Tuesday, June 18, 2013

The Big Apple


This place has divine bagels and muffins and really good sandwiches! It's on the edge of Petoskey, Michigan,.We tested it yesterday and it definitely passed! There is a big apple blackboard painted on the wall, and an uncredited chalk artist made this decor for the current project: June birthdays, I guess, names and dates. But, since this is my name, if not my birth month, I whipped out my iPhone--et voila!
Right now we are in Michigan, after nearly 50 years in California, and short sojourns in Utah (Provo) Oklahoma (Lawton) and Ohio (Cleveland). I grew up in New York State and S in Idaho.
I also have many members of my family who live in Utah, and because of my Mormom ancestors, I am always interested in the history and people of that state.

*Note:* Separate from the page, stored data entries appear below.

-- ===== src/Mirror/Listed.antt =====
-- Which artifacts the custom manifest lists
use eks_hybrid.Base.{
  String, ◌<>◌, starts_with, ◌≡◌, refl, sym, subst, ◌⊎◌, inl, inr, true, false, Bool-cases, Option,
  none, some, List, [], ◌∷◌, ◌++◌, All, Result, ok, err,
}
use text.Mathlib.TextPositions.{starts_with_of_prefix}
use mathlib.Core.List.{Memᴰ}
use mathlib.Core.List.Memᴰ.{head, tail}
use eks_hybrid.Release.Defs.{Artifact, EksPatchRelease, IamRolesAnywhereRelease}
use eks_hybrid.Mirror.{
  ArtifactInfo, Downloader, CustomManifest, is_empty, info_at, eks_infos, ssm_infos, some_or_error,
  ssm_installer_url, find_artifact, collect_artifacts, custom_artifact, under_path, custom_manifest,
}

-- The manifest has the artifact in a release of one of the three kinds.
abbrev pub IsListed : Artifact → CustomManifest → Type 0
IsListed x manifest =
    ((r : EksPatchRelease) × Memᴰ r manifest.eks.patch_releases × Memᴰ x r.artifacts)
    ⊎ (((r : IamRolesAnywhereRelease) × Memᴰ r manifest.iam_releases × Memᴰ x r.artifacts)
        ⊎ ((r : List Artifact) × Memᴰ r manifest.ssm_releases × Memᴰ x r))

-- The path is below one of the three directories.
abbrev HasPath : ArtifactInfo → Type 0
HasPath a =
    (starts_with a.local_path "eks/" ≡ true)
    ⊎ ((starts_with a.local_path "iam-ra/" ≡ true) ⊎ (starts_with a.local_path "ssm/" ≡ true))

All-append : (xs ys : List ArtifactInfo) → All HasPath xs → All HasPath ys → All HasPath (xs ++ ys)
All-append [] ys a b = b
All-append (x ∷ xs) ys (p, a) b = (p, All-append xs ys a b)

some_or_error-ok :
    (d : Downloader) (es found : List ArtifactInfo) → some_or_error d es ≡ ok found → es ≡ found
some_or_error-ok d [] found e = cc
some_or_error-ok d (x ∷ es) found e = cc

pub All-mapped :
    {P Q : ArtifactInfo → Type 0} (xs : List ArtifactInfo)
    → ((a : ArtifactInfo) → Memᴰ a xs → Q a → P a)
    → All Q xs
    → All P xs
All-mapped [] f q = tt
All-mapped (x ∷ xs) f (q, qs) = (f x (head refl) q, All-mapped xs (λ a m. f a (tail m)) qs)

module _ (d : Downloader) where
  info_at-HasPath :
      (name path : String) (o : Option Artifact)
      → ((a : ArtifactInfo) → a.local_path ≡ path → HasPath a)
      → All HasPath (info_at d name path o)
  info_at-HasPath name path none p = tt
  info_at-HasPath name path (some a) p = (
    p (record { name = name; url = a.uri; checksum_url = a.checksum_uri; local_path = path }) refl,
    tt,
  )

  eks_path : (name : String) (a : ArtifactInfo) → a.local_path ≡ "eks/" <> name → HasPath a
  eks_path name a e = inl (starts_with_of_prefix "eks/" a.local_path (name, sym e))

  eks_infos-HasPath : (names : List String) → All HasPath (eks_infos d names)
  unfolding eks_infos
  eks_infos-HasPath [] = tt
  eks_infos-HasPath (name ∷ names) =
      All-append (info_at d name ("eks/" <> name) (find_artifact d d.source.eks.artifacts name)) _
        (info_at-HasPath name ("eks/" <> name) _ (eks_path name)) (eks_infos-HasPath names)

  ssm_infos-HasPath : (r : Result String) → All HasPath (ssm_infos d r)
  ssm_infos-HasPath (err e) = tt
  ssm_infos-HasPath (ok url) = (inr (inr refl), (inr (inr refl), tt))

  collect_artifacts-HasPath :
      (found : List ArtifactInfo) → collect_artifacts d ≡ ok found → All HasPath found
  unfolding collect_artifacts
  collect_artifacts-HasPath found e = subst (All HasPath) (some_or_error-ok d _ found e) (
      All-append (eks_infos d _) _ (eks_infos-HasPath _) (
        All-append (info_at d "aws_signing_helper" "iam-ra/aws_signing_helper" _) _
          (info_at-HasPath "aws_signing_helper" "iam-ra/aws_signing_helper" _
            (λ a p. inr (inl (rw p refl))))
          (ssm_infos-HasPath (ssm_installer_url d))))

  under_path-Memᴰ :
      (dir : String) (found : List ArtifactInfo) (a : ArtifactInfo)
      → Memᴰ a found
      → starts_with a.local_path dir ≡ true
      → Memᴰ (custom_artifact d a) (under_path d dir found)
  unfolding under_path
  under_path-Memᴰ dir [] a m s = elim m [ ]
  under_path-Memᴰ dir (x ∷ found) a (head e) s = rw (← e, s) (head refl)
  under_path-Memᴰ dir (x ∷ found) a (tail m) s =
      let rest = under_path-Memᴰ dir found a m s in
      elim (Bool-cases (starts_with x.local_path dir)) [
        | inl t ↦ rw t (tail rest)
        | inr f ↦ rw f rest
      ]

  non_empty : {x : Artifact} (xs : List Artifact) → Memᴰ x xs → is_empty xs ≡ false
  non_empty [] m = elim m [ ]
  non_empty (y ∷ ys) m = refl

  pub custom_manifest-IsListed :
      (found : List ArtifactInfo) (a : ArtifactInfo)
      → Memᴰ a found
      → HasPath a
      → IsListed (custom_artifact d a) (custom_manifest d found)
  unfolding custom_manifest
  custom_manifest-IsListed found a m (inl s) =
      inl (_, head refl, under_path-Memᴰ "eks/" found a m s)
  custom_manifest-IsListed found a m (inr (inl s)) =
      let x = under_path-Memᴰ "iam-ra/" found a m s in
      inr (inl (rw (non_empty _ x) (_, head refl, x)))
  custom_manifest-IsListed found a m (inr (inr s)) =
      let x = under_path-Memᴰ "ssm/" found a m s in inr (inr (rw (non_empty _ x) (_, head refl, x)))

  -- Each artifact that was collected is listed.
  pub all-IsListed :
      (found : List ArtifactInfo)
      → collect_artifacts d ≡ ok found
      → All (λ a. IsListed (custom_artifact d a) (custom_manifest d found)) found
  all-IsListed found e =
      All-mapped found (custom_manifest-IsListed found) (collect_artifacts-HasPath found e)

I love the poetry of May Swenson, who grew up in Southern Utah. In her work, one often finds a deep understanding of animals. She was also a master of typography, and arranged poems on the page in many unusual, striking and effective ways. Here is a very interesting example of that.
Tonight's poem by May Swenson is printed centered in Poems of the Sea; selected and edited by J. D. McClatchy (Everyman's Library Pocket Poets Series) on page 64. Since I am far away from my beloved Pacific, it has a special appeal to me tonight.

THE EVEN SEA

Meekly the sea
now plods to shore:
white-faced cattle used to their yard,
the waves, with weary knees,
come back from bouldered hills
of high water,

where all the gray, rough day they seethed like bulls,
till the wind laid down its goads
at shift of tide, and sundown
gentled them; with lowered necks
they amble up the beach
as to their stalls.

May Swenson  1919-1989\

This is another poem that yields up some of its secrets when read aloud. Listen for the rising and falling/coming and going, as of the surf. Notice the rhythms. I've not lived with cows and (on the evidence of this poem alone) think that this poet has. Good night.